[Records from a dataset]
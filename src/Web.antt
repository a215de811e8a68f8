-- ===== src/Web.antt =====
-- The status server of ovs/driver.go: the address of a client, whether it is authorized, and the answer.
pub mod Authority
use dovesnap.Prelude.{
  String, Bool, true, false, ◌||◌, Option, none, some, List, [], ◌∷◌, ◌++◌, if◌then◌else◌,
}
use dovesnap.Prelude.Text.{split}
use dovesnap.System.{Env, ask}
use dovesnap.Manager.{M, io, pure, ◌>>=◌, ◌>>◌}
use dovesnap.Plugin.{get_web_response}

-- The two headers that are read, and the address of the connection.
pub record WebRequest : Type 0 where
  pub real_ip : String
  pub forwarded_for : String
  pub remote_addr : String

-- The address of one "host:port".
abbrev pub address_of : Env → String → Option String
address_of env host_port = elim (env.split_host_port host_port) as (λ _. Option String) [
  | none ↦ none
  | some host ↦ env.parse_ip host
]

abbrev pub or_next : Option String → Option String → Option String
or_next none rest = rest
or_next (some ip) rest = some ip

unfoldable pub first_ip : Env → List String → Option String
first_ip env [] = none
first_ip env (host_port ∷ rest) = or_next (address_of env host_port) (first_ip env rest)

-- The first address that can be read, of the headers and then of the connection.
unfoldable pub get_remote_ip : Env → WebRequest → Option String
get_remote_ip env r =
    or_next (first_ip env (split "," r.real_ip))
      (or_next (first_ip env (split "," r.forwarded_for)) (first_ip env (split "," r.remote_addr)))

unfoldable pub is_auth_ip : Env → Option String → List String → Bool
is_auth_ip env request_ip [] = false
is_auth_ip env request_ip (auth_ip ∷ rest) =
    env.net_contains auth_ip request_ip || is_auth_ip env request_ip rest

-- True where the client gets the state of the networks, false where it gets "not authorized".
unfoldable pub handle_networks_web : List String → WebRequest → M Bool
handle_networks_web auth_ips r = do
  auth_ip ← io (ask (λ env. is_auth_ip env (get_remote_ip env r) auth_ips))
  let answer = get_web_response "networks" >> pure true
  if auth_ip then answer else pure false
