-- ===== src/Web/Authority.antt =====
-- Who gets an answer of the status server of ovs/driver.go.
use dovesnap.Prelude.{
  String, Bool, true, false, ◌||◌, List, [], ◌∷◌, ◌++◌, ◌≡◌, refl, ap, ◌⊎◌, inl, inr, if◌then◌else◌,
}
use dovesnap.Outcome.{returned}
use dovesnap.System.{Env}
use dovesnap.Manager.{Manager, io, pure, ◌>>◌}
use dovesnap.Plugin.{get_web_response}
use dovesnap.Web.{WebRequest, get_remote_ip, is_auth_ip, handle_networks_web}

-- One of the authorized networks holds the client's address.
pub record IsAuthorized (env : Env) (auth_ips : List String) (r : WebRequest) : Type 0 where
  pub before : List String
  pub network : String
  pub after : List String
  pub listed : auth_ips ≡ before ++ (network ∷ after)
  pub holds : env.net_contains network (get_remote_ip env r) ≡ true

holder :
    (env : Env) (r : WebRequest) (l : List String)
    → is_auth_ip env (get_remote_ip env r) l ≡ true
    → IsAuthorized env l r
unfolding is_auth_ip
holder env r [] h = cc
holder env r (n ∷ l) h =
    go (env.net_contains n (get_remote_ip env r)) refl (λ g. holder env r l g) h
  where
    go :
        (b : Bool)
        → env.net_contains n (get_remote_ip env r) ≡ b
        → (is_auth_ip env (get_remote_ip env r) l ≡ true → IsAuthorized env l r)
        → (b || is_auth_ip env (get_remote_ip env r) l) ≡ true
        → IsAuthorized env (n ∷ l) r
    go true e later h = record { before = []; network = n; after = l; listed = refl; holds = e }
    go false e later h =
        let a = later h in
        record {
          before = n ∷ a.before;
          network = a.network;
          after = a.after;
          listed = ap (λ t. n ∷ t) a.listed;
          holds = a.holds;
        }

-- A request of the web changes the state of the driver only if one of the authorized networks holds the
-- address that is read for its client; every other request is answered "not authorized".
pub web_needs_authority :
    (auth_ips : List String) (r : WebRequest) (env : Env) (s : Manager)
    → IsAuthorized env auth_ips r ⊎ (handle_networks_web auth_ips r env s ≡ (returned false, s))
unfolding handle_networks_web io pure
web_needs_authority auth_ips r env s = go (is_auth_ip env (get_remote_ip env r) auth_ips) refl
  where
    go :
        (b : Bool)
        → is_auth_ip env (get_remote_ip env r) auth_ips ≡ b
        → IsAuthorized env auth_ips r
          ⊎ ((if b then get_web_response "networks" >> pure true else pure false) env s
              ≡ (returned false, s))
    go true e = inl (holder env r auth_ips e)
    go false e = inr refl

> [Task details]
Checking each line above, count the ones that hold the word "listed" and state the total alone.

> [Answer]
3